New and specially curated seasons foregrounding women
in film will include: Women, Organise!,
a collection of films focussing on women’s activism and involvement in trade
unionism marking the 120th anniversary of the GFTU (General Federation of Trade
Unions) in 2019; and, a major retrospective in May of
pioneering Hong Kong filmmaker Angie
Chen, whose expansive career spans award-winning short films and
documentaries, collaborations with directors including Jackie Chan (Dragon Lord, 1982) and high-profile
commercials.
Some of HOME’s most popular returning seasons will
have a Celebrating Women in Global Cinema
take-over, including Not Just Bollywood
- HOME’s annual showcase of independent Indian filmmaking - which will devote
the 2019 programme to female creatives in Indian film, including a
retrospective on actor-director Nandita
Das (Firaaq).
As a celebration of global cinema, the programme will
include work from South and East Asia, Africa, Europe, and North, South and
Central America. There will be a special season dedicated to women filmmakers
in the Arab world, particularly in Lebanon
and Palestine, in partnership with the School of Arts, Languages and
Culture at the University of Manchester, in addition to a focus on women’s contributions
to East Asian cinema, to be
announced in 2019.
Further annual events will spotlight women in film
including HOME’s Pride programme and
year-round LGBTQ+ work, and ongoing
partnership with the Women Over Fifty
Film Festival. HOME will also continue to partner with The University of
Manchester’s Sexuality Summer School whose
2019 “Queer Dialogues” programme will include an event with writer and activist
So Mayer entitled “Dial(ogue)
D for Dyke Disruption: A Queer Toolkit for Blowing Up the Film Canon” which will include talking points from
queer and feminist filmmakers and critics from around the globe.

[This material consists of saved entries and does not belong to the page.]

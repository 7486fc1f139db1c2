-- ===== src/Ctype/Classes.antt =====
-- kernel/libc/ctype.c: the classes as ranges of characters.
use Prim.Native.Nat.{bit_and}
use borfos.Common.{
  ℕ, zero, suc, ◌+◌, ◌-◌, ◌<◌, ◌≡◌, refl, arith, sym, ◌∙◌, Bool, true, false, not, ◌&&◌, ◌||◌, leb,
  ltb, ◌==◌, if◌then◌else◌, Bool-cases, inl, inr,
}
use borfos.Ctype.{ctype_lookup, in_class, isalpha, isupper, islower, isdigit, toupper, tolower}

-- A test on all numbers below `n`.
abbrev below : ℕ → (ℕ → Bool) → Bool
below zero test = true
below (suc n) test = test n && below n test

below-all : (n : ℕ) (test : ℕ → Bool) → below n test ≡ true → (c : ℕ) → c < n → test c ≡ true
below-all zero test h c k = absurd (omega arith)
below-all (suc n) test h c k = elim (Bool-cases (c == n)) [
  | inl e ↦ let z : c ≡ n = ground (arith, e) in rw z (ground (arith, h))
  | inr e ↦ below-all n test (ground (arith, h)) c (ground (arith, e))
]

abbrev same : Bool → Bool → Bool
same true b = b
same false b = not b

same_iff : (a b : Bool) → same a b ≡ true → a ≡ b
same_iff true true h = refl
same_iff true false h = cc
same_iff false true h = cc
same_iff false false h = refl

abbrev pub within : ℕ → ℕ → ℕ → Bool
within a b c = leb a c && leb c b

above : (flags c : ℕ) → bit_and 0 flags ≡ 0 → ltb c 128 ≡ false → in_class flags c ≡ false
unfolding in_class ctype_lookup
above flags c z e = rw (e, z) refl

-- A class that is a range of the first 128 characters, if the table says so, is one of all numbers.
class-range :
    (flags : ℕ) (range : ℕ → Bool)
    → bit_and 0 flags ≡ 0
    → below 128 (λ c. same (in_class flags c) (range c)) ≡ true
    → ((c : ℕ) → 127 < c → range c ≡ false)
    → (c : ℕ) → in_class flags c ≡ range c
class-range flags range z h out c = elim (Bool-cases (ltb c 128)) [
  | inl e ↦
      same_iff (in_class flags c) (range c)
        (below-all 128 (λ x. same (in_class flags x) (range x)) h c (ground (arith, e)))
  | inr e ↦ above flags c z e ∙ sym (out c (ground (arith, e)))
]

-- The letters are the characters from A to Z and from a to z, the digits those from 0 to 9, and no
-- number from 128 on is one.
pub isalpha-within :
    (c : ℕ)
    → (isupper c ≡ within 65 90 c)
      × (islower c ≡ within 97 122 c)
      × (isdigit c ≡ within 48 57 c)
      × (isalpha c ≡ (within 65 90 c || within 97 122 c))
unfolding in_class ctype_lookup
isalpha-within c = (
  class-range 1 (within 65 90) refl refl (λ x h. ground arith) c,
  class-range 2 (within 97 122) refl refl (λ x h. ground arith) c,
  class-range 4 (within 48 57) refl refl (λ x h. ground arith) c,
  class-range 3 (λ x. within 65 90 x || within 97 122 x) refl refl (λ x h. ground arith) c,
)

-- `toupper` is the identity but on the letters from A to Z, which it turns into those from a to z, and
-- `tolower` but on those from a to z, which it turns into those from A to Z.
pub toupper-swaps :
    (c : ℕ)
    → (toupper c ≡ (if within 65 90 c then c + 32 else c))
      × (tolower c ≡ (if within 97 122 c then c - 32 else c))
unfolding toupper tolower
toupper-swaps c = let (u, l, d, a) = isalpha-within c in (ground (arith, u), ground (arith, l))
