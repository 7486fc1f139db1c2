-- ===== src/Example.antt =====
-- A small machine for the tests: two tasks in the run queue, at 1000 and 2000, the first of them
-- running; a task at 3000 that waits for the mutex at 500, which the first one holds; and the
-- timers of the first two, registered. The mutex at 700 is free.
use borfos.Common.{ℕ, ◌+◌, true, List, [], ◌∷◌, ◌++◌, ◌==◌, if◌then◌else◌}
use borfos.Links.{Links}
use borfos.System.{System}

-- The node behind `a` in the circular list that starts with `first`; outside it, as `other` says.
abbrev behind : ℕ → List ℕ → (ℕ → ℕ) → ℕ → ℕ
behind first [] other a = other a
behind first (x ∷ []) other a = if a == x then first else other a
behind first (x ∷ y ∷ ys) other a = if a == x then y else behind first (y ∷ ys) other a

abbrev reversed : List ℕ → List ℕ
reversed [] = []
reversed (x ∷ xs) = reversed xs ++ x ∷ []

abbrev first : List ℕ → ℕ
first [] = 0
first (x ∷ xs) = x

abbrev nexts : List (List ℕ) → ℕ → ℕ
nexts [] a = a
nexts (r ∷ rs) a = behind (first r) r (nexts rs) a

abbrev prevs : List (List ℕ) → ℕ → ℕ
prevs [] a = a
prevs (r ∷ rs) a = behind (first (reversed r)) (reversed r) (prevs rs) a

-- The store with these circular lists, in which every other node is alone.
abbrev pub rings : List (List ℕ) → Links
rings rs = record { prev = prevs rs; next = nexts rs }

abbrev pub machine : System
machine = record {
  links = rings ((8 ∷ 1008 ∷ 2008 ∷ []) ∷ (16 ∷ 1016 ∷ 2016 ∷ []) ∷ (508 ∷ 600 ∷ []) ∷ []);
  tasks_in_run_queue = 2;
  current_task = 1000;
  scheduler_started = true;
  kernel_stack = λ t. t + 900;
  kernel_stack_page = λ t. t;
  stack = λ a. 0;
  esp = 1800;
  when = λ t. if t == 1016 then 10 else if t == 2016 then 20 else 15;
  func = λ t. 0;
  arg = λ t. 0;
  backend_set = true;
  backend = [];
  reads = 0;
  waiter_task = λ w. if w == 600 then 3000 else 0;
  locker = λ m. if m == 500 then 1000 else 0;
  nesting = λ m. if m == 500 then 1 else 0;
}
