-- ===== src/File.antt =====
-- kernel/lib/file.c and kernel/include/file.h: a file stream is given by its `write_byte`, a
-- function of the state `S` of its device; a result below 0 is an error.
pub mod Write
mod Tests
use borfos.Common.{ℕ, zero, suc, ◌+◌, List, [], ◌∷◌}

pub data Ssize : Type 0 where
  count : ℕ → Ssize
  -- `negative n` is -(n + 1).
  negative : ℕ → Ssize

-- What the loop of `file_default_write_buffer` does with the result of a byte: `rest` is what its
-- further rounds give.
abbrev pub after_byte {ℓ} : {S : Type ℓ} → S × Ssize → ℕ → S × Ssize → S × Ssize
after_byte (s, negative n) total rest = (s, negative n)
after_byte (s, count zero) total rest = (s, count total)
after_byte (s, count (suc n)) total rest = rest

module _ {S : Type 0} (write_byte : S → ℕ → S × Ssize) where
  -- The loop, with `total` bytes written.
  unfoldable pub write_bytes : List ℕ → ℕ → S → S × Ssize
  write_bytes [] total s = (s, count total)
  write_bytes (b ∷ buf) total s =
      after_byte (write_byte s b) total (write_bytes buf (total + 1) (write_byte s b).0)

  unfoldable pub file_default_write_buffer : List ℕ → S → S × Ssize
  file_default_write_buffer buf s = write_bytes buf 0 s

  -- The string is the bytes in front of its terminator, so `strlen` is their number.
  unfoldable pub file_default_write_string : (List ℕ → S → S × Ssize) → List ℕ → S → S × Ssize
  file_default_write_string write_buffer str s = write_buffer str s
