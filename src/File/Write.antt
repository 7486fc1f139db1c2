-- ===== src/File/Write.antt =====
-- kernel/lib/file.c: how far a buffer is written.
use borfos.Common.{ℕ, zero, suc, ◌+◌, ◌≡◌, ap, refl, arith, List, [], ◌∷◌, ◌++◌, length}
use borfos.File.{Ssize, count, negative, after_byte, write_bytes, file_default_write_buffer}

module _ {S : Type 0} (write_byte : S → ℕ → S × Ssize) where
  -- The device takes the bytes one after the other, from one state to another.
  pub data Takes : S → List ℕ → S → Type 0 where
    takes_nil : {s : S} → Takes s [] s
    takes_cons :
        {s s' : S} {b n : ℕ} {bs : List ℕ}
        → (write_byte s b).1 ≡ count (suc n)
        → Takes (write_byte s b).0 bs s'
        → Takes s (b ∷ bs) s'

  -- How a write of a buffer ends, when `total` bytes went before: all is taken; or a byte behind
  -- those taken is refused; or it fails.
  pub data Written (total : ℕ) : S → List ℕ → S × Ssize → Type 0 where
    all :
        {s s' : S} {buf : List ℕ} {k : ℕ}
        → Takes s buf s'
        → k ≡ total + length buf
        → Written total s buf (s', count k)
    refused :
        {s s' s2 : S} {bs : List ℕ} (us : List ℕ) {b k : ℕ}
        → Takes s bs s'
        → write_byte s' b ≡ (s2, count 0)
        → k ≡ total + length bs
        → Written total s (bs ++ b ∷ us) (s2, count k)
    failed :
        {s s' s2 : S} {bs : List ℕ} (us : List ℕ) {b n : ℕ}
        → Takes s bs s'
        → write_byte s' b ≡ (s2, negative n)
        → Written total s (bs ++ b ∷ us) (s2, negative n)

  after :
      (total n b : ℕ) (s : S) (buf : List ℕ) (r : S × Ssize)
      → (write_byte s b).1 ≡ count (suc n)
      → Written (total + 1) (write_byte s b).0 buf r
      → Written total s (b ∷ buf) r
  after total n b s buf r e (all t k) = all (takes_cons e t) (omega (arith, k))
  after total n b s buf r e (refused us t w k) = refused us (takes_cons e t) w (omega (arith, k))
  after total n b s buf r e (failed us t w) = failed us (takes_cons e t) w

  after_byte-Written :
      (total b : ℕ) (s : S) (buf : List ℕ) (r rest : S × Ssize)
      → write_byte s b ≡ r
      → Written (total + 1) (write_byte s b).0 buf rest
      → Written total s (b ∷ buf) (after_byte r total rest)
  after_byte-Written total b s buf (s1, negative n) rest e w = failed {bs = []} buf takes_nil e
  after_byte-Written total b s buf (s1, count zero) rest e w =
      refused {bs = []} buf takes_nil e (omega arith)
  after_byte-Written total b s buf (s1, count (suc n)) rest e w =
      after total n b s buf rest (ap (λ r. r.1) e) w

  write_bytes-Written :
      (buf : List ℕ) (total : ℕ) (s : S) → Written total s buf (write_bytes write_byte buf total s)
  unfolding write_bytes
  write_bytes-Written [] total s = all takes_nil (omega arith)
  write_bytes-Written (b ∷ buf) total s =
      after_byte-Written total b s buf (write_byte s b) _ refl
        (write_bytes-Written buf (total + 1) (write_byte s b).0)

  -- `file_default_write_buffer` writes the bytes in order until the device has taken them all,
  -- refuses one or fails, and returns the number of those taken or the error.
  pub file_default_write_buffer-Written :
      (buf : List ℕ) (s : S) → Written 0 s buf (file_default_write_buffer write_byte buf s)
  unfolding file_default_write_buffer
  file_default_write_buffer-Written buf s = write_bytes-Written buf 0 s
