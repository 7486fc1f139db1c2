-- ===== src/File/Tests.antt =====
-- The theorem about files at a device with room for two bytes.
use borfos.Common.{ℕ, ◌-◌, [], ◌∷◌, ◌==◌, if◌then◌else◌}
use borfos.File.{Ssize, count, file_default_write_buffer}
use borfos.File.Write.{Written, file_default_write_buffer-Written}

abbrev two_bytes : ℕ → ℕ → ℕ × Ssize
two_bytes room b = if room == 0 then (0, count 0) else (room - 1, count 1)

file_default_write_buffer-Written_example :
    Written two_bytes 0 2
      (65 ∷ 66 ∷ 67 ∷ [])
      (file_default_write_buffer two_bytes (65 ∷ 66 ∷ 67 ∷ []) 2)
file_default_write_buffer-Written_example =
    file_default_write_buffer-Written two_bytes (65 ∷ 66 ∷ 67 ∷ []) 2
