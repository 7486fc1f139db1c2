-- ===== src/Hash.antt =====
-- kernel/lib/hash.c and kernel/include/hash.h: the keys of the hash tables. A string is the bytes
-- in front of its terminator.
pub mod Keys
use Prim.Native.Nat.{bit_xor}
use borfos.Common.{ℕ, ◌*◌, ◌/◌, ◌%◌, ◌^◌, List, [], ◌∷◌, u8, u32}

abbrev pub golden_ratio_prime_32 : ℕ
golden_ratio_prime_32 = 0x9e370001

abbrev pub fnv_32_prime : ℕ
fnv_32_prime = 0x01000193

unfoldable pub hash_32 : ℕ → ℕ
hash_32 val = u8 (u32 (val * golden_ratio_prime_32) / 2 ^ 24)

-- `while (*str)`, from the hash `h` on.
unfoldable pub hash_loop : List ℕ → ℕ → ℕ
hash_loop [] h = h
hash_loop (c ∷ str) h = hash_loop str (u32 (bit_xor h c * fnv_32_prime))

unfoldable pub hash_str : List ℕ → ℕ
hash_str str = u8 (hash_loop str 0 / 2 ^ 24)
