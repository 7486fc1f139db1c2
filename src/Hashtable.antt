-- ===== src/Hashtable.antt =====
-- kernel/lib/hash.c, kernel/include/hash.h, kernel/lib/hashtable.c and
-- kernel/include/hashtable.h: 256 lists, at the addresses from `self` on, 8 bytes each.
pub mod Buckets
mod Tests
use borfos.Common.{ℕ, zero, suc, ◌+◌, ◌*◌, ◌/◌, ◌%◌, ◌^◌, Bool, List, [], ◌∷◌, u32}
use borfos.Links.{Links, Walk, list_init, list_insert_before, list_remove, list_find}

-- The loop of `hashtable_init` over `n` buckets from `bucket` on.
unfoldable pub init_buckets : ℕ → ℕ → Links → Links
init_buckets zero bucket l = l
init_buckets (suc n) bucket l = init_buckets n (bucket + 8) (list_init l bucket)

unfoldable pub hashtable_init : ℕ → Links → Links
hashtable_init self l = init_buckets 256 self l

unfoldable pub hashtable_get_bucket : ℕ → ℕ → ℕ
hashtable_get_bucket self key = self + 8 * key

unfoldable pub hashtable_add_by_key : ℕ → ℕ → ℕ → Links → Links
hashtable_add_by_key self node key l = list_insert_before l (hashtable_get_bucket self key) node

unfoldable pub hashtable_remove : ℕ → Links → Links
hashtable_remove node l = list_remove l node

unfoldable pub hashtable_find : ℕ → ℕ → (ℕ → Bool) → ℕ → Links → Walk
hashtable_find self key func fuel l = list_find l (hashtable_get_bucket self key) func fuel
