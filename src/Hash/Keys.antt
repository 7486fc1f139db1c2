-- ===== src/Hash/Keys.antt =====
-- kernel/lib/hash.c with kernel/include/hashtable.h: the keys stay inside a hash table.
use borfos.Common.{ℕ, ◌+◌, ◌*◌, ◌≤◌, arith, List}
use borfos.Hash.{hash_32, hash_str}
use borfos.Hashtable.{hashtable_get_bucket}

-- Whatever is hashed, the bucket of its key is one of the 256 of the table.
pub hash-bucket :
    (self val : ℕ) (str : List ℕ)
    → (self ≤ hashtable_get_bucket self (hash_32 val))
      × (hashtable_get_bucket self (hash_32 val) + 8 ≤ self + 8 * 256)
      × (self ≤ hashtable_get_bucket self (hash_str str))
      × (hashtable_get_bucket self (hash_str str) + 8 ≤ self + 8 * 256)
unfolding hash_32 hash_str hashtable_get_bucket
hash-bucket self val str = (omega arith, omega arith, omega arith, omega arith)
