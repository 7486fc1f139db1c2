-- ===== src/Links/Find.antt =====
-- `list_find` walks the whole ring, in order.
use borfos.Common.{
  ℕ, zero, suc, ◌<◌, ◌≡◌, Bool, false, List, [], ◌∷◌, arith, has, length, if◌then◌else◌, ==_iff,
}
use borfos.Links.{Links, Walk, found, null, find_from, list_find}
use borfos.Links.Chain.{Chain}
use borfos.Links.Ring.{Ring}

-- The first node that the predicate accepts.
unfoldable pub first_match : (ℕ → Bool) → List ℕ → Walk
first_match func [] = null
first_match func (x ∷ xs) = if func x then found x else first_match func xs

find_from-first_match :
    (l : Links) (self p : ℕ) (func : ℕ → Bool) (fuel : ℕ) (xs : List ℕ)
    → Chain l p xs self
    → has self xs ≡ false
    → length xs < fuel
    → find_from l self func fuel (l.next p) ≡ first_match func xs
unfolding find_from first_match
find_from-first_match l self p func zero xs c d h = absurd (omega arith)
find_from-first_match l self p func (suc fuel) [] c d h = ground (arith, c.0)
find_from-first_match l self p func (suc fuel) (x ∷ xs) c d h = rw c.0 (
    ground (
      arith,
      ==_iff x self,
      ==_iff self x,
      find_from-first_match l self x func fuel xs c.2 (ground arith),
    ))

-- With more rounds than nodes `list_find` returns the first node that the predicate accepts, and
-- NULL where there is none.
pub list_find-first_match :
    (l : Links) (self : ℕ) (func : ℕ → Bool) (fuel : ℕ) (xs : List ℕ)
    → Ring l self xs
    → length xs < fuel
    → list_find l self func fuel ≡ first_match func xs
unfolding list_find
list_find-first_match l self func fuel xs r h =
    find_from-first_match l self self func fuel xs r.chain r.distinct.0 h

Similarly HOME’s Engagement
and Industry programmes will foreground women’s voices. In-depth evening
courses open to the public will explore women in cinematic spaces that are not
deemed traditionally female - for example, “Women in Science Fiction” and “Women
in Film Comedy” - while industry discussions with female creatives aim
to increase the awareness of opportunities for women within the sector and
inspire young audiences.
Further screenings and work-in-progress content will
be announced throughout the year - including a focus on women in documentary filmmaking and screenings of films by trans women - all of which
will be Women in Global Cinema
branded, allowing audiences to readily identify content by and about women.